Погружаюсь в Речь, все иное отбросив.
В Штатах, – а прежде в Египте,
– так тосковал Иосиф.
Так же мыкался даже в бытность лауреатом,
С остроласковым лавром на сизых висках,
Со своей Лаурою рядом.
Так же мало места было в груди для полного вздоха,
Хотя, в общем-то, жизнь и писательская судьба
сложились неплохо.
По крайней мере, не то, что у старшего Оси.
Но так же колеса застыли в снегу и сломаны оси.
Так же дрожь выливалась за шиворот вся, без остатка.
Так же вышла боком
кухонного вольнодумства повадка.

И финал такой же – все переплавилось в Слово.
Неужели себе не желал он удела иного?
Раствориться в речи, как некогда сделал Иосиф,
И мне предстоит, пройдя сумасшедшую осень.
И неважно, сколько
Будет написано строк:
Все Речь поглотит – Гераклитов Поток.

И внутри, и кругом – только шаткость да обветшалость.
Плюс дурная привычка у всех выцыганивать жалость:
У читателя, что, как случайный прохожий, – не в курсе,
У сурового критика, что уличил в дурном вкусе;
У жены, которой приходится все это слушать;
У стены, у которой нет языка, но есть уши.
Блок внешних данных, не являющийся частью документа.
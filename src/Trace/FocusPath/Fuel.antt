-- ===== src/Trace/FocusPath/Fuel.antt =====
-- The search of internal/trace/path_focus.go ends: each id enters the queue at most once.
use netobserv_spcg.Common.{
  ℕ, zero, suc, ◌+◌, ◌*◌, ◌≤◌, ◌<◌, ◌≡◌, refl, inl, inr, String, false, List, [], ◌∷◌, ◌++◌, some,
  none, Elem, here, there, length, length-append, Bool-cases, arith, if◌then◌else◌, Returns,
}
use netobserv_spcg.Trace.Types.{TraceEdge}
use netobserv_spcg.Trace.FocusPath.{
  IdSet, has, add, Adjacency, neighbours, add_adjacency, SearchStep, visit_neighbours, search_path,
  seed_queue, best_path,
}
use netobserv_spcg.Trace.FocusPath.Adjacent.{
  Adjacent, forward, backward, later, Elem-add_adjacency, no_neighbours,
}
use netobserv_spcg.Common.Sets.{has-add_self, has-add_keeps}

-- The ends of the edges, with repetition.
pub ends : List TraceEdge → List String
ends [] = []
ends (e ∷ edges) = e.from ∷ e.to ∷ ends edges

pub length-ends : (edges : List TraceEdge) → length (ends edges) ≡ 2 * length edges
unfolding ends
length-ends [] = refl
length-ends (e ∷ edges) = omega (arith, length-ends edges)

Adjacent-ends : (a c : String) (edges : List TraceEdge) → Adjacent a c edges → Elem c (ends edges)
unfolding ends
Adjacent-ends a c (e ∷ edges) (forward p q) = there (here q)
Adjacent-ends a c (e ∷ edges) (backward p q) = here q
Adjacent-ends a c (e ∷ edges) (later j) = there (there (Adjacent-ends a c edges j))
Adjacent-ends a c [] j = elim j [ ]

-- How many entries of the list are not visited yet.
pub unvisited : List String → IdSet → ℕ
unvisited [] visited = 0
unvisited (id ∷ ids) visited =
    if has id visited then unvisited ids visited else suc (unvisited ids visited)

pub unvisited-le : (ids : List String) (visited : IdSet) → unvisited ids visited ≤ length ids
unfolding unvisited
unvisited-le [] visited = omega arith
unvisited-le (id ∷ ids) visited = ground (arith, unvisited-le ids visited)

unvisited-add-le :
    (k : String) (ids : List String) (visited : IdSet)
    → unvisited ids (add k visited) ≤ unvisited ids visited
unfolding unvisited
unvisited-add-le k [] visited = omega arith
unvisited-add-le k (id ∷ ids) visited = elim (Bool-cases (has id visited)) [
  | inl old ↦ rw (old, has-add_keeps k id visited old) (unvisited-add-le k ids visited)
  | inr new ↦ elim (Bool-cases (has id (add k visited))) [
    | inl e ↦ rw (new, e) (omega (arith, unvisited-add-le k ids visited))
    | inr e ↦ rw (new, e) (omega (arith, unvisited-add-le k ids visited))
  ]
]

unvisited-add-lt :
    (k : String) (ids : List String) (visited : IdSet)
    → Elem k ids
    → has k visited ≡ false
    → unvisited ids (add k visited) < unvisited ids visited
unfolding unvisited
unvisited-add-lt k (id ∷ ids) visited (here e) new =
    rw (← e) (rw (e, new, has-add_self k visited) (omega (arith, unvisited-add-le k ids visited)))
unvisited-add-lt k (id ∷ ids) visited (there j) new =
    let ih = unvisited-add-lt k ids visited j new in
    elim (Bool-cases (has id visited)) [
      | inl old ↦ rw (old, has-add_keeps k id visited old) ih
      | inr e ↦ elim (Bool-cases (has id (add k visited))) [
        | inl e' ↦ rw (e, e') (omega (arith, ih))
        | inr e' ↦ rw (e, e') (omega (arith, ih))
      ]
    ]
unvisited-add-lt k [] visited j new = elim j [ ]

-- What one id adds to the queue, it takes from the unvisited ids.
visit-measure :
    (ids path rest : List String) (queue : List SearchStep) (visited : IdSet)
    → ((w : String) → Elem w rest → Elem w ids)
    → let (queue', visited') = visit_neighbours path rest queue visited in
      length queue' + unvisited ids visited' ≤ length queue + unvisited ids visited
unfolding visit_neighbours
visit-measure ids path [] queue visited sub = omega arith
visit-measure ids path (next ∷ rest) queue visited sub = elim (Bool-cases (has next visited)) [
  | inl old ↦
      rw (old, visit_neighbours)
        (visit-measure ids path rest queue visited (λ w j. sub w (there j)))
  | inr new ↦
      let step : SearchStep = record { id = next; path = path ++ (next ∷ []) } in
      rw (new, visit_neighbours)
        (omega (
          arith,
          visit-measure ids path rest (queue ++ (step ∷ [])) (add next visited)
              (λ w j. sub w (there j)),
          length-append queue (step ∷ []),
          unvisited-add-lt next ids visited (sub next (here refl)) new,
        ))
]

search_path-Returns :
    (fuel : ℕ) (adj : Adjacency) (dest_ids : IdSet) (ids : List String) (queue : List SearchStep)
    (visited : IdSet)
    → ((a w : String) → Elem w (neighbours adj a) → Elem w ids)
    → length queue + unvisited ids visited ≤ fuel
    → Returns (search_path fuel adj dest_ids queue visited)
unfolding search_path
search_path-Returns zero adj dest_ids ids [] visited sub h = (none, refl)
search_path-Returns (suc fuel) adj dest_ids ids [] visited sub h = (none, refl)
search_path-Returns zero adj dest_ids ids (cur ∷ queue) visited sub h = absurd (omega arith)
search_path-Returns (suc fuel) adj dest_ids ids (cur ∷ queue) visited sub h =
    elim (Bool-cases (has cur.id dest_ids)) [
      | inl met ↦ (some cur.path, rw met)
      | inr no_dest ↦
          let (queue', visited') =
            visit_neighbours cur.path (neighbours adj cur.id) queue visited in
          let less =
            visit-measure ids cur.path (neighbours adj cur.id) queue visited (sub cur.id) in
          rw no_dest (search_path-Returns fuel adj dest_ids ids queue' visited' sub (omega arith))
    ]

length-seed_queue :
    (source_ids node_set : IdSet) (queue : List SearchStep) (visited : IdSet)
    → length (seed_queue source_ids node_set queue visited).0 ≤ length source_ids + length queue
unfolding seed_queue
length-seed_queue [] node_set queue visited = omega arith
length-seed_queue ((id, u) ∷ source_ids) node_set queue visited =
    let step : SearchStep = record { id = id; path = id ∷ [] } in
    elim (Bool-cases (has id node_set)) [
      | inl e ↦
          rw (e, seed_queue)
            (omega (
              arith,
              length-seed_queue source_ids node_set (queue ++ (step ∷ [])) (add id visited),
              length-append queue (step ∷ []),
            ))
      | inr e ↦
          rw (e, seed_queue) (omega (arith, length-seed_queue source_ids node_set queue visited))
    ]

-- `markFocusPath`'s search ends on every graph: the fuel of one round for each source and two for
-- each edge is enough.
pub best_path-Returns :
    (edges : List TraceEdge) (node_set source_ids dest_ids : IdSet)
    → Returns (best_path edges node_set source_ids dest_ids)
unfolding best_path
best_path-Returns edges node_set source_ids dest_ids =
    let (queue, visited) = seed_queue source_ids node_set [] [] in
    search_path-Returns (length source_ids + 2 * length edges) (add_adjacency edges []) dest_ids
      (ends edges) queue visited known
      (omega (
        arith,
        length-seed_queue source_ids node_set [] [],
        length-ends edges,
        unvisited-le (ends edges) visited,
      ))
  where
    known : (a w : String) → Elem w (neighbours (add_adjacency edges []) a) → Elem w (ends edges)
    known a w j = elim (Elem-add_adjacency edges [] a w j) [
      | inl z ↦ absurd (no_neighbours a w z)
      | inr adj ↦ Adjacent-ends a w edges adj
    ]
И, конечно, у Господа Бога, конфузясь немного:
Ведь в иных обстоятельствах я, как и Он, недотрога,
Диалогом не склонен себя утруждать со Всевышним,
Да и Он не стремится стать проще, понятней и ближе.
Но как только прижмет, я пишу в Его Жалобной Книге,
Возносить не желая молитв покаянных
И не возлагая вериги.
Он же, в Книгу Судеб меня когда-то вписавший,
Терпеливо внимает моей малодушной фальши.
Как солдат, в пух и прах проигравший последнюю битву,
Онемевший и бормотать не способный молитву,
То ревет, как раненый скот, то протяжно воет,
Также я сокрушаюсь,
Только мое нытье ничего не стоит.
Вместо грохота бомб и разбойного свиста картечи –
Мегаполиса гул,
А мой стон – лишь фигура речи.

В бурлящем потоке людских претензий и жалоб
Моя лопнувшая струна не раз дребезжала,
Но с годами ропот ее стал совсем неразборчив.
Так у врача незаметно портится почерк.

И давно уяснили жена, читатель и критик:
Этих строк сочинитель –
Двурушник, сутяга и нытик.
А безмолвное небо, мой вздор уставшее слушать,
Надо мною нависло тяжелой медвежьей тушей –
Беспросветной тучей, нарисованной тушью,
Вороньем, несущим тоску и удушье.


IV. Покаяние

                                                        Увы мне, сыне, увы мне, сладчайший,
                                                        Исусе, увы, свете мой дражайший!


                                                                                               Димитрий Ростовский

Даже самовлюбленный Нарцисс, вопреки всем известному мифу,
Горько каялся, вдруг осознав, что сгубил свою душу и нимфу,

Повторяя «Увы, мне!», хлестал отраженье ладонью
И, как я, уповал лишь на милость Господню.

Сладострастный маркиз, превративший любовь в преступленье, –
Даже он, говорят, уповал на грехов отпущенье.

Два крыла, Росинанта, малютку-звезду, компас, парус –
Все, что Ты даровал, – растерял, и теперь только маюсь.

В сердце – гордые львы, за окном – шелестящие ливни
В унисон повторяют все тоже «Увы, мне!»:
– Увы, мне!
 
[1] Вариант заглавия: «Апелляция к Горацию».
[2] Крепче меди (лат.). Гораций «Exegi monumentum».